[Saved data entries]
· · · · · · ·
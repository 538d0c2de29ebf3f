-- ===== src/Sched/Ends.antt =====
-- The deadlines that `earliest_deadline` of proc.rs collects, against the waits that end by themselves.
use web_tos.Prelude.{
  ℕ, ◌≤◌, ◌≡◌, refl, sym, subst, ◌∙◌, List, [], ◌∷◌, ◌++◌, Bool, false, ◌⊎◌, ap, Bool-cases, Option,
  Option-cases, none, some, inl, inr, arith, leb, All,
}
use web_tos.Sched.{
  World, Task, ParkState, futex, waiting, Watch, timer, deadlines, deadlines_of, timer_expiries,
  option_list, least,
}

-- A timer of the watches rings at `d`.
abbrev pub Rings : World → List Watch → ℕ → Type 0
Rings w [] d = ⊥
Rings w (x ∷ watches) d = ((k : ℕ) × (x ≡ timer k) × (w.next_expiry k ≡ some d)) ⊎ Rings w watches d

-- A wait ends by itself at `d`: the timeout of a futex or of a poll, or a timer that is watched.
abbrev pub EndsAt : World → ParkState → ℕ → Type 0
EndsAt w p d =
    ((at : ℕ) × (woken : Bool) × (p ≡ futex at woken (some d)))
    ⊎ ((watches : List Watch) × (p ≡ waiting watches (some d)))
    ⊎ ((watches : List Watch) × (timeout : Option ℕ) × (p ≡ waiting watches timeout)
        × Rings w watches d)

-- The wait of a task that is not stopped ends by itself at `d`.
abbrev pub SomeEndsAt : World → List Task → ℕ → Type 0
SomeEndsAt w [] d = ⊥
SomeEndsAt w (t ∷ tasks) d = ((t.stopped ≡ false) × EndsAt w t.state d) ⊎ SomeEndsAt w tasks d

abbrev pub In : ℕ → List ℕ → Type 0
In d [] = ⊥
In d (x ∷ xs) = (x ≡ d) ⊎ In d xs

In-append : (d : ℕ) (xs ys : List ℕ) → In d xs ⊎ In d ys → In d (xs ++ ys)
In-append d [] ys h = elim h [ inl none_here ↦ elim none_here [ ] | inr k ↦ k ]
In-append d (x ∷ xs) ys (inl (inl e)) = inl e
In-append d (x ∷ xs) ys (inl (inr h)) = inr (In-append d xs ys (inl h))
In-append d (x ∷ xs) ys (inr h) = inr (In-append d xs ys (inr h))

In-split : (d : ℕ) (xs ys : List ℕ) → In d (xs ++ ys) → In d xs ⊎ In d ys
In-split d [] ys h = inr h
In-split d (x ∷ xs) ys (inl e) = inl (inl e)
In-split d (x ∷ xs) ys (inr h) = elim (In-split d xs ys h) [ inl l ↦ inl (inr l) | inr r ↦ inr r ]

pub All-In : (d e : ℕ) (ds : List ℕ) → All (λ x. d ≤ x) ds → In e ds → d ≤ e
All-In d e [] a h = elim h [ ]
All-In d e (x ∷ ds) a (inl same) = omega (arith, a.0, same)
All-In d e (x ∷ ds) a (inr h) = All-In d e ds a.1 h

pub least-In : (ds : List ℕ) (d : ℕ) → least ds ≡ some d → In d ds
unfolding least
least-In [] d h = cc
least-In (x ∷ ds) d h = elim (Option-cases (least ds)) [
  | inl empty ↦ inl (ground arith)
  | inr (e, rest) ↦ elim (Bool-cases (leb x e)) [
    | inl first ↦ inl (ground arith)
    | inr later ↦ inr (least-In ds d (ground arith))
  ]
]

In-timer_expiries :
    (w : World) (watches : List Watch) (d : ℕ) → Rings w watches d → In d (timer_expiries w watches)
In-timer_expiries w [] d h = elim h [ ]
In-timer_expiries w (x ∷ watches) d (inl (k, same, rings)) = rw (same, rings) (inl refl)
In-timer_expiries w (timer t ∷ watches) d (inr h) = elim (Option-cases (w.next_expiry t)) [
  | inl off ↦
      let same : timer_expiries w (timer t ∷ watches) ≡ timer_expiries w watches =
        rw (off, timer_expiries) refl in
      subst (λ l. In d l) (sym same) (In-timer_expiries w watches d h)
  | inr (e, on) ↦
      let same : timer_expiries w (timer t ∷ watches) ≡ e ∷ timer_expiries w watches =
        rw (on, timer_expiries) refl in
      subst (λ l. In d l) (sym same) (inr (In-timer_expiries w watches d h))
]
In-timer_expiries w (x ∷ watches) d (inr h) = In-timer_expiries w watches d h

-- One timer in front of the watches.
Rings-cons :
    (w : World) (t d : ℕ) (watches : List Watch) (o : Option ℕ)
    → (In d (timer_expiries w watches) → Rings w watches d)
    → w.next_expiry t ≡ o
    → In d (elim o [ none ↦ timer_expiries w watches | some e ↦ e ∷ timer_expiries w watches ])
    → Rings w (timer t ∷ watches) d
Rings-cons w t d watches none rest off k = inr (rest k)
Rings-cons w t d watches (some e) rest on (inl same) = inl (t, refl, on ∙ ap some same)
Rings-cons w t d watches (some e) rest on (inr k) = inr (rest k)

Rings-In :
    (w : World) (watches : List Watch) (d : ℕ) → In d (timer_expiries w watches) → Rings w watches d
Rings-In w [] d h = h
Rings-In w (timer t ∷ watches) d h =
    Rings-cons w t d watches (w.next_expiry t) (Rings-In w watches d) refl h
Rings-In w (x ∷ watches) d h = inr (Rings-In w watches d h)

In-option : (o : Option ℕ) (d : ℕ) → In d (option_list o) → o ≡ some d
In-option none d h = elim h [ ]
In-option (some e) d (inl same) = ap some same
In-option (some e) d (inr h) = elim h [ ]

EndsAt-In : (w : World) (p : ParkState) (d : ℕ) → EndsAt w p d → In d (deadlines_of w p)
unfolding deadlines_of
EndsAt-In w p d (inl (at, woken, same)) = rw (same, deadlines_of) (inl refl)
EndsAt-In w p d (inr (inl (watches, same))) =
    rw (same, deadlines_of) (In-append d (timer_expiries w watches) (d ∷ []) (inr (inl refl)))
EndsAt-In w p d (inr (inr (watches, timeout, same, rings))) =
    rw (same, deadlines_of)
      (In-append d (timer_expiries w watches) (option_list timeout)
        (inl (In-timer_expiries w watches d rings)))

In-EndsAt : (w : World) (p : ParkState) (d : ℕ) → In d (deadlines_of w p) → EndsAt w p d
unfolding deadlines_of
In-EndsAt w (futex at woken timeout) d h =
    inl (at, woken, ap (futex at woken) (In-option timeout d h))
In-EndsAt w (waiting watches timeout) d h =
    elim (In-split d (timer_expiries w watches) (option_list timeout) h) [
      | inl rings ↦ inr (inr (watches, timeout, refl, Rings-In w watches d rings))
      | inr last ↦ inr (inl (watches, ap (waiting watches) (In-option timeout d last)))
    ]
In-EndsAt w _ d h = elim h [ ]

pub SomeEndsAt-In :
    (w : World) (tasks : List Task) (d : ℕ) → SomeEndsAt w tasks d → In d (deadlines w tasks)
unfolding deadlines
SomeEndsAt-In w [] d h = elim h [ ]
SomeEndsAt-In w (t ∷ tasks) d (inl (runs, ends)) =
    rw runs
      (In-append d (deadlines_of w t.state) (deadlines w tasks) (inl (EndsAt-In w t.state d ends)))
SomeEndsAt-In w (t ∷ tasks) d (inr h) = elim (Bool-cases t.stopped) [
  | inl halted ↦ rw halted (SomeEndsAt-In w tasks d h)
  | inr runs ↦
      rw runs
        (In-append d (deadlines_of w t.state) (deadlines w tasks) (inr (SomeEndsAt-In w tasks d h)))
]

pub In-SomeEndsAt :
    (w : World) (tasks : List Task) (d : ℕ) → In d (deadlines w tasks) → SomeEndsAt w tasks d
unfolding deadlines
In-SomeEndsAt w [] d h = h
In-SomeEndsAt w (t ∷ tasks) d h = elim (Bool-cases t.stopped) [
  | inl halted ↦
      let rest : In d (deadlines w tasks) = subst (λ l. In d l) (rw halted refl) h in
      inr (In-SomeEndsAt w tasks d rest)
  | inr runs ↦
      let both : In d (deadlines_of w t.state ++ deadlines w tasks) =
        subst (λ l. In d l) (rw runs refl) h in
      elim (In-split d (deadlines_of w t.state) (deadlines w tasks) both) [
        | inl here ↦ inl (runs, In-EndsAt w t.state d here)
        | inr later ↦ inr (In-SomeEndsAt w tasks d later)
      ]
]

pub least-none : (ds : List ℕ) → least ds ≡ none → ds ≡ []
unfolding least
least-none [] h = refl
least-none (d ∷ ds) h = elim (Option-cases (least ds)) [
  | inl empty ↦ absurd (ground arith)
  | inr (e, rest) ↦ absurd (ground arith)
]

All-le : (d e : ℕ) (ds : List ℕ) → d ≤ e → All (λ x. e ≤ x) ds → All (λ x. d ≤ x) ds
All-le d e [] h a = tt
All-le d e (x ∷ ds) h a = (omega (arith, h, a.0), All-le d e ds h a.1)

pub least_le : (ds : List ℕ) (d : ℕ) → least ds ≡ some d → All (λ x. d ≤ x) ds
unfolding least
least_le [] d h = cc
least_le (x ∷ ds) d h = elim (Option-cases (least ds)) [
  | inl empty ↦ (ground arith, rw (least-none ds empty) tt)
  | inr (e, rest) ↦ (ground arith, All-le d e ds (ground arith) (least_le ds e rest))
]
· · · · · · ·
In the data above, tally the lines that contain the string "both" and give that figure alone.

2